Una vez, hace poco, existía un grupo que se llamaban los Pescadores. Había en aquel entonces muchos peces en las aguas. Semana tras semana, mes tras mes, año tras año, los que se llamaban los Pescadores se reunían para compartir sobre su llamado a pescar, la abundancia de los peces, y las estrategias de cómo capturarlos.
Los Pescadores construyeron edificios grandes y bellos donde reunirse. Siempre animaban a la gente sobre la gran importancia y necesidad de ser pescadores, ¡pero nadie pescaba! En adición a los bellos y grandes edificios, se formaron juntas misioneras para enviar algunos Pescadores a lugares donde había muchos peces pero no había quien los pescara. Las juntas se conformaron de pescadores de mucho conocimiento sobre cómo y dónde pescar; tenían mucha visión en la promoción de pescar en otros lugares.

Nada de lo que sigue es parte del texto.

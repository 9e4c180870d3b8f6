-- ===== src/Runner/Control.antt =====
-- lmapd_stop and lmapd_restart of src/runner.c, and the callbacks of src/signals.c that change the daemon.
use simet_lmapd.Base.{ℕ, Bool, true, false, ◌||◌, List, [], ◌∷◌, Option, none, some}
use simet_lmapd.Base.Int.{ℤ}
use simet_lmapd.Model.{Schedule, Lmap}
use simet_lmapd.Runner.{Io}
use simet_lmapd.Runner.Exec.{schedule_kill}
use simet_lmapd.Runner.Cleanup.{Status, lmapd_cleanup}
pub mod Stopping

-- The flags LMAPD_FLAG_* of struct lmapd.
pub record Flags : Type 0 where
  pub restart : Bool
  pub skip_startup : Bool
  pub startup_done : Bool

-- The parts of struct lmapd that the callbacks change; `looping` while the event loop is not told to break.
pub record Daemon : Type 0 where
  pub lmap : Option Lmap
  pub flags : Flags
  pub looping : Bool

unfoldable pub kill_schedules : List Schedule → Io → Io
kill_schedules [] io = io
kill_schedules (s ∷ ss) io = kill_schedules ss (schedule_kill s io)

unfoldable pub lmapd_killall : Daemon → Io → Io
lmapd_killall d io = elim d.lmap [ none ↦ io | some lmap ↦ kill_schedules lmap.schedules io ]

unfoldable pub lmapd_stop : Daemon → Io → Daemon × Io
lmapd_stop d io =
    (record d { flags = record d.flags { restart = false }; looping = false }, lmapd_killall d io)

unfoldable pub lmapd_restart : Daemon → Io → Daemon × Io
lmapd_restart d io = (
  record d {
    flags = record d.flags {
      restart = true;
      skip_startup = d.flags.startup_done || d.flags.skip_startup;
    };
    looping = false;
  },
  lmapd_killall d io,
)

-- The signals whose callbacks change the daemon, SIGCHLD with the children that waitpid() reports.
pub data Signal : Type 0 where
  sigint sigterm sighup : Signal
  sigchld : ℤ → List (ℕ × Status) → Signal

unfoldable pub on_signal : Signal → Daemon → Io → Daemon × Io
on_signal sigint d io = lmapd_stop d io
on_signal sigterm d io = lmapd_stop d io
on_signal sighup d io = lmapd_restart d io
on_signal (sigchld now ended) d io = elim d.lmap [
  | none ↦ (d, io)
  | some lmap ↦
      let (lmap', io1) = lmapd_cleanup now ended lmap io in (record d { lmap = some lmap' }, io1)
]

También construyeron centros de entrenamiento, muy costosos donde entrenar más Pescadores. Ofrecieron cursos sobre las necesidades de los peces, la naturaleza de los peces, las reacciones psicológicos de los peces, cómo acercarse a ellos, cómo alimentarles, etc.
Enviaron muchos graduados y licenciados hasta aguas lejanas. Salieron bastantes, dejando casa y familia para obedecer el llamado. Pero, como los pescadores en sus propios pueblos, ¡nunca pescaron! Como los Pescadores de su pueblo, construyeron edificios, enseñaron cursos sobre cómo pescar, construyeron lagunas para los peces, etc.
Después de una reunión bastante animada, un joven salio a pescar ¡y pescó dos grandes peces! Fue honrado tremendamente por su valentía, y fue invitado por clubes de pesca por todo el país para hablar sobre su éxito. Así dejó el campo de pescar para enseñar a otros.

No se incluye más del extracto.